This gluten-free millet bread is not only light and airy but also packs a deliciously nutty flavor from the combination of millet and oat flours. The flaxseed meal works perfectly as a vegan binder, adding extra fiber and nutrition. With its crispy crust and tender crumb, this bread makes an ideal base for sandwiches, toast, or a healthy side to soups and salads. Whether toasted with a spread of avocado or simply served warm, this millet bread will quickly become a staple in your kitchen.
Ingredients:
- 1 ½ cups millet flour
- 1 cup gluten-free oat flour
- ½ cup tapioca starch
- 2 tbsp flaxseed meal
- 1 cup warm water (for flaxseed mixture)
- 1 cup warm water (for dough)
- 2 tbsp olive oil (or any vegetable oil)

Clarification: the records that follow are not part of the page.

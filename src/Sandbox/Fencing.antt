-- ===== src/Sandbox/Fencing.antt =====
-- What the fence lets through (rust/crates/vocoderd/src/machines/sandbox.rs).
use dsh_rs.Base.{
  ◌≡◌, ◌↔◌, ◌⊎◌, inl, inr, refl, sym, ◌∙◌, String, none, [], ◌∷◌, Bool, true, ◌||◌, eq_iff, arith,
}
use dsh_rs.Sandbox.{Mode, fence, check, allows, writable_roots_for, contains, any, with_temp}
use dsh_rs.Sandbox.Place.{IsAbsolute}
use dsh_rs.Sandbox.Below.{Beneath, contains-Beneath}
use dsh_rs.Sandbox.Roots.{any-sort, any-dedup}

-- The three roots of the mode that may write in the workspace.
abbrev pub Writable : String → String → String → Type 0
Writable tmp root target = Beneath root target ⊎ (Beneath "/tmp" target ⊎ Beneath tmp target)

any-with_temp :
    (f : String → Bool) (tmp root : String)
    → any f (with_temp tmp (root ∷ "/tmp" ∷ [])) ≡ f root || (f "/tmp" || f tmp)
any-with_temp f tmp root = ground (arith, eq_iff root tmp, eq_iff "/tmp" tmp)

any_roots :
    (f : String → Bool) (tmp root : String)
    → any f (writable_roots_for tmp Mode.workspace_write root) ≡ f root || (f "/tmp" || f tmp)
unfolding writable_roots_for
any_roots f tmp root = any-dedup f _ ∙ any-sort f _ ∙ any-with_temp f tmp root

tmp-IsAbsolute : IsAbsolute "/tmp"
tmp-IsAbsolute = refl

or_iff : (a b c : Bool) → (a || (b || c) ≡ true) ↔ ((a ≡ true) ⊎ ((b ≡ true) ⊎ (c ≡ true)))
or_iff a b c = ground arith

any-Writable :
    (tmp root target : String)
    → IsAbsolute root
    → IsAbsolute tmp
    → (any (λ r. contains r target) (writable_roots_for tmp Mode.workspace_write root) ≡ true)
      ↔ Writable tmp root target
any-Writable tmp root target hr ht =
    let e = any_roots (λ r. contains r target) tmp root in
    let to = or_iff (contains root target) (contains "/tmp" target) (contains tmp target) in
    let (r1, r2) = contains-Beneath root target hr in
    let (s1, s2) = contains-Beneath "/tmp" target tmp-IsAbsolute in
    let (t1, t2) = contains-Beneath tmp target ht in
    (
      (λ h. elim (to.0 (sym e ∙ h)) [
        | inl a ↦ inl (r1 a)
        | inr (inl b) ↦ inr (inl (s1 b))
        | inr (inr c) ↦ inr (inr (t1 c))
      ]),
      λ w.
          e
          ∙ to.1 (elim w [
            | inl a ↦ inl (r2 a)
            | inr (inl b) ↦ inr (inl (s2 b))
            | inr (inr c) ↦ inr (inr (t2 c))
          ]),
    )

-- If the paths of the workspace and of the temporary directory begin with `/`, a mutation passes the
-- fence of a mode exactly when the mode is danger-full-access, or is workspace-write and the target
-- is a path from `/` that leads to the workspace, /tmp or the temporary directory or down from one,
-- where its parts are followed one by one: `.` stays and `..` climbs.
pub check_lem :
    (tmp root target display : String) (mode : Mode)
    → IsAbsolute root
    → IsAbsolute tmp
    → (check tmp (fence mode root) target display ≡ none) ↔ (
        (mode ≡ Mode.danger_full_access)
        ⊎ ((mode ≡ Mode.workspace_write) × Writable tmp root target))
unfolding allows writable_roots_for
check_lem tmp root target display Mode.danger_full_access hr ht = ((λ _. inl refl), λ _. refl)
check_lem tmp root target display Mode.workspace_write hr ht =
    ground (arith, any-Writable tmp root target hr ht)
check_lem tmp root target display Mode.read_only hr ht = ground arith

- 1 tbsp apple cider vinegar
- 2 tbsp maple syrup (or agave syrup)
- 2 tsp instant yeast
- 1 tsp baking powder
- 1 tsp salt
- ½ tsp xanthan gum (optional, helps with structure)
Instructions:
- Prepare the flaxseed mixture:
In a small bowl, mix the flaxseed meal with 1 cup of warm water. Stir well and let it sit for about 10-15 minutes until it thickens and becomes gelatinous. This mixture will act as an egg substitute in the recipe. - Activate the yeast:
In another bowl, combine the warm water (1 cup), yeast, and maple syrup. Stir gently and let it sit for 5-10 minutes until it becomes frothy and bubbly. This shows the yeast is active and ready to work. - Mix dry ingredients:
In a large mixing bowl, whisk together the millet flour, oat flour, tapioca starch, baking powder, salt, and xanthan gum (if using). Ensure all the dry ingredients are well combined. - Combine wet ingredients:
Add the olive oil, apple cider vinegar, and the prepared flaxseed mixture to the bowl with the yeast. Stir everything until it’s well incorporated. - Mix the dough:
Pour the wet ingredients into the dry mixture. Using a spatula or stand mixer, mix everything until a smooth dough forms. The dough should be thick and slightly sticky, but not too wet. If needed, add a tablespoon of water or flour to adjust consistency. - First rise:
Transfer the dough to a lightly greased bowl. Cover it with a clean kitchen towel and let it rise in a warm place for about 1 hour, or until it has doubled in size. - Prepare for baking:
Once the dough has risen, grease a loaf pan (8×4 inch works well) and lightly dust with millet flour. Gently transfer the dough to the prepared pan, smoothing the top with wet hands or a spatula. - Second rise:
Cover the loaf pan with a kitchen towel and allow the dough to rise again for 30 minutes, until it reaches the top of the pan. - Bake the bread:
Preheat your oven to 350°F (175°C). Once preheated, bake the bread for 40-45 minutes, or until the top is golden brown and firm to the touch. To check for doneness, insert a toothpick or skewer into the center; it should come out clean. - Cool:
Remove the bread from the oven and allow it to cool in the pan for 10 minutes. Then transfer the loaf to a wire rack to cool completely before slicing.